[What is required] The lines to reproduce from the material below are those from the one containing "-- go-agent/ai: the" through the one containing "-- The second", both included; write them out exactly and add nothing.
#### Supplied records
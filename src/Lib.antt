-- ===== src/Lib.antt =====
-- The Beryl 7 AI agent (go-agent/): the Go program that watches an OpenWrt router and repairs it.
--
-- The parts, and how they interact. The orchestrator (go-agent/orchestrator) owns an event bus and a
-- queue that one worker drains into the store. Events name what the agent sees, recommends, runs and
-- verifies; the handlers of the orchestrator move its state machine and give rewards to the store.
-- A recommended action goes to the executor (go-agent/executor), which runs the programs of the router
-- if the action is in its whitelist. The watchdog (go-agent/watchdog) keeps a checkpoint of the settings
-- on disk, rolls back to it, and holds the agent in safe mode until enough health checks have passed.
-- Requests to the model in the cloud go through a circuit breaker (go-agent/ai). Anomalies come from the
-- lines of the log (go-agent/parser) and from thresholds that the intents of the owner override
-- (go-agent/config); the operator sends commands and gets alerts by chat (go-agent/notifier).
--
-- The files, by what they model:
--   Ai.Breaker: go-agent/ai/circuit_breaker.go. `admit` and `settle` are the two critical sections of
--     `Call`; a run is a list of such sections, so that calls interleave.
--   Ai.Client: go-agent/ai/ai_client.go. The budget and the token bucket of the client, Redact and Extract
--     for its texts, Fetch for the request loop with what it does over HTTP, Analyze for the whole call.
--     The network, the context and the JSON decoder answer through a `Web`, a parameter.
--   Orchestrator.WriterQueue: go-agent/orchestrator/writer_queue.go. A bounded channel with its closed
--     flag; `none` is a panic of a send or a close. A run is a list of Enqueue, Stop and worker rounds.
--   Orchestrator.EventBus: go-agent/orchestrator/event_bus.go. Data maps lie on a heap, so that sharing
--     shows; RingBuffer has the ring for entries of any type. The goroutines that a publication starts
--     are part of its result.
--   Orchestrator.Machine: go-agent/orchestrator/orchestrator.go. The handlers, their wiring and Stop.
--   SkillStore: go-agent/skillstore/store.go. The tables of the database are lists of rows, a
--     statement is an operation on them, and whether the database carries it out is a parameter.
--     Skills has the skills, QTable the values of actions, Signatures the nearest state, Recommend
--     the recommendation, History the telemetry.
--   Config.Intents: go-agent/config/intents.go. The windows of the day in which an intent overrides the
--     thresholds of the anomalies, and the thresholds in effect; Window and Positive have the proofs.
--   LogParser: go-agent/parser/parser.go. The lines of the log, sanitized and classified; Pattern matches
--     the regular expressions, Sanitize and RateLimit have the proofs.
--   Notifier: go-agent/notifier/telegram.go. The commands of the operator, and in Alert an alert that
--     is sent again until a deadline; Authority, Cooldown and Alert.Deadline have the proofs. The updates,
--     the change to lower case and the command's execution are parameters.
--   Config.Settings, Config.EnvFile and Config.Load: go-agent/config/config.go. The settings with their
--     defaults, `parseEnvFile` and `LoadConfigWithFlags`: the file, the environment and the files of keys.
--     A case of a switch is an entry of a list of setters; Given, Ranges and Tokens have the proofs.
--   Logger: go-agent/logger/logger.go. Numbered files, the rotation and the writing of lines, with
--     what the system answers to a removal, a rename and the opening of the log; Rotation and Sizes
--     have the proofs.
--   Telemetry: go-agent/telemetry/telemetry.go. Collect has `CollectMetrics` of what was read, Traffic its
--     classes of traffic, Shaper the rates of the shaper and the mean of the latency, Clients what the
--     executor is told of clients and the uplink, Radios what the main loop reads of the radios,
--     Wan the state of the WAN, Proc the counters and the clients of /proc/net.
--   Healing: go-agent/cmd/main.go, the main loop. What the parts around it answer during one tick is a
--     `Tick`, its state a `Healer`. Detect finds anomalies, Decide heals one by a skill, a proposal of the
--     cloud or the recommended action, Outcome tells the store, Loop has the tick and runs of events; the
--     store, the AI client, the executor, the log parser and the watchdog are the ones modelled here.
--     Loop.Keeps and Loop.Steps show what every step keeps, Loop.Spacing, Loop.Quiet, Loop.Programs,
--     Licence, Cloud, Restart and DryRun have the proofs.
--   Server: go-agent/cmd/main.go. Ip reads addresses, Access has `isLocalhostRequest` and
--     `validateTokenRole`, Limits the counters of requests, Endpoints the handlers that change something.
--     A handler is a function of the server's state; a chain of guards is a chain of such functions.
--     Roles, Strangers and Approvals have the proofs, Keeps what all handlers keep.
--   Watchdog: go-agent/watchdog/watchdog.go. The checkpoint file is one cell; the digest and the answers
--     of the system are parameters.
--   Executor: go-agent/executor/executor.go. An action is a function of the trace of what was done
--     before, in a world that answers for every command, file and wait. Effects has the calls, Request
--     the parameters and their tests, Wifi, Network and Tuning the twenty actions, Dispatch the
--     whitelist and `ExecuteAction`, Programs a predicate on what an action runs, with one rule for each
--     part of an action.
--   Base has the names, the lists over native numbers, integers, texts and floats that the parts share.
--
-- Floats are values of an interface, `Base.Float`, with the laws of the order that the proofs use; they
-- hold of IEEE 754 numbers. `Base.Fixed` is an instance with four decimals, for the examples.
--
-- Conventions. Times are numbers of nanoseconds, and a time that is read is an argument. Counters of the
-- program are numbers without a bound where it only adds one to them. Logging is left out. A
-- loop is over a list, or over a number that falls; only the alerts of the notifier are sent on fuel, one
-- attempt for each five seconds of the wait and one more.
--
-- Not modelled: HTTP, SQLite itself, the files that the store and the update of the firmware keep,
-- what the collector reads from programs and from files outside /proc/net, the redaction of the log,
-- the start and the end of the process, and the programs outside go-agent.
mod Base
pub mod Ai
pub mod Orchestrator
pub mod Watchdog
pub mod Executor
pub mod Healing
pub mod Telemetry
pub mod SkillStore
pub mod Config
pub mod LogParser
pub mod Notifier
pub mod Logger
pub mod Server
########
#### Supplied records
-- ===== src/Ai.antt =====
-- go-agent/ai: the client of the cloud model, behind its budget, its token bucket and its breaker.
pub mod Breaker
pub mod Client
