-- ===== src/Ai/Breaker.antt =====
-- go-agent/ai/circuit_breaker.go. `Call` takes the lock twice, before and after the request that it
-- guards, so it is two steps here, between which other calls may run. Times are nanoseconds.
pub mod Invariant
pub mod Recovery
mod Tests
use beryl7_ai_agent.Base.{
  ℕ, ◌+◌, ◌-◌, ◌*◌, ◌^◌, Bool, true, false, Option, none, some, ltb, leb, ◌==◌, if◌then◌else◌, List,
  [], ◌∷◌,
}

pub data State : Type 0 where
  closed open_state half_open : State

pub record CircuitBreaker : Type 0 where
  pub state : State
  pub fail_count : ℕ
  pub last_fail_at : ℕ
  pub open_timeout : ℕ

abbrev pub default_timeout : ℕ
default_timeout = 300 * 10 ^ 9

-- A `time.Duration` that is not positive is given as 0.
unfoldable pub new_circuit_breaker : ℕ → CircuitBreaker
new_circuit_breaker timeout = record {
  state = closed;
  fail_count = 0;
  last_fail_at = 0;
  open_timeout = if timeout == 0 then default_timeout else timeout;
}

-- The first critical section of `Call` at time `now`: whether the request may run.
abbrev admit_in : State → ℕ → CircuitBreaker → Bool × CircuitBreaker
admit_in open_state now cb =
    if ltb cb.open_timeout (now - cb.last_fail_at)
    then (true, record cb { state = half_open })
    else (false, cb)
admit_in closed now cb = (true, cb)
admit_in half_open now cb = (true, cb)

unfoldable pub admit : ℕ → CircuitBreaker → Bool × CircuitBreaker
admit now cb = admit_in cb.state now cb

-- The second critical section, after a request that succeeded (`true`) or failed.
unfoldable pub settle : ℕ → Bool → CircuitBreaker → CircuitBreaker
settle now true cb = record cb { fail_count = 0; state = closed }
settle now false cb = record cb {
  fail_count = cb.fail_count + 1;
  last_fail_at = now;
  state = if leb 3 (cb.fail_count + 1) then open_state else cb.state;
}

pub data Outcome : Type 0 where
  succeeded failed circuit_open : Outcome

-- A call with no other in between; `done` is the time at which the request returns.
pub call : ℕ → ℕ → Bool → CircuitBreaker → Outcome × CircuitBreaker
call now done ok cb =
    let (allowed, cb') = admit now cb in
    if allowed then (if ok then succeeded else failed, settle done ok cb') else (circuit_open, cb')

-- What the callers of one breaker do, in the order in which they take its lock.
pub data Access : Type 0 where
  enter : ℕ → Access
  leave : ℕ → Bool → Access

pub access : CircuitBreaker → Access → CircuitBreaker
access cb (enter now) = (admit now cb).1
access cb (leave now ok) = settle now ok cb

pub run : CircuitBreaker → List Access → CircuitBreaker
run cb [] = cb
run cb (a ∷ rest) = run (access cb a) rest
########
[Answer for this exercise]
-- go-agent/ai: the client of the cloud model, behind its budget, its token bucket and its breaker.
pub mod Breaker
pub mod Client
-- ===== src/Ai/Breaker.antt =====
-- go-agent/ai/circuit_breaker.go. `Call` takes the lock twice, before and after the request that it
-- guards, so it is two steps here, between which other calls may run. Times are nanoseconds.
pub mod Invariant
pub mod Recovery
mod Tests
use beryl7_ai_agent.Base.{
  ℕ, ◌+◌, ◌-◌, ◌*◌, ◌^◌, Bool, true, false, Option, none, some, ltb, leb, ◌==◌, if◌then◌else◌, List,
  [], ◌∷◌,
}

pub data State : Type 0 where
  closed open_state half_open : State

pub record CircuitBreaker : Type 0 where
  pub state : State
  pub fail_count : ℕ
  pub last_fail_at : ℕ
  pub open_timeout : ℕ

abbrev pub default_timeout : ℕ
default_timeout = 300 * 10 ^ 9

-- A `time.Duration` that is not positive is given as 0.
unfoldable pub new_circuit_breaker : ℕ → CircuitBreaker
new_circuit_breaker timeout = record {
  state = closed;
  fail_count = 0;
  last_fail_at = 0;
  open_timeout = if timeout == 0 then default_timeout else timeout;
}

-- The first critical section of `Call` at time `now`: whether the request may run.
abbrev admit_in : State → ℕ → CircuitBreaker → Bool × CircuitBreaker
admit_in open_state now cb =
    if ltb cb.open_timeout (now - cb.last_fail_at)
    then (true, record cb { state = half_open })
    else (false, cb)
admit_in closed now cb = (true, cb)
admit_in half_open now cb = (true, cb)

unfoldable pub admit : ℕ → CircuitBreaker → Bool × CircuitBreaker
admit now cb = admit_in cb.state now cb

-- The second critical section, after a request that succeeded (`true`) or failed.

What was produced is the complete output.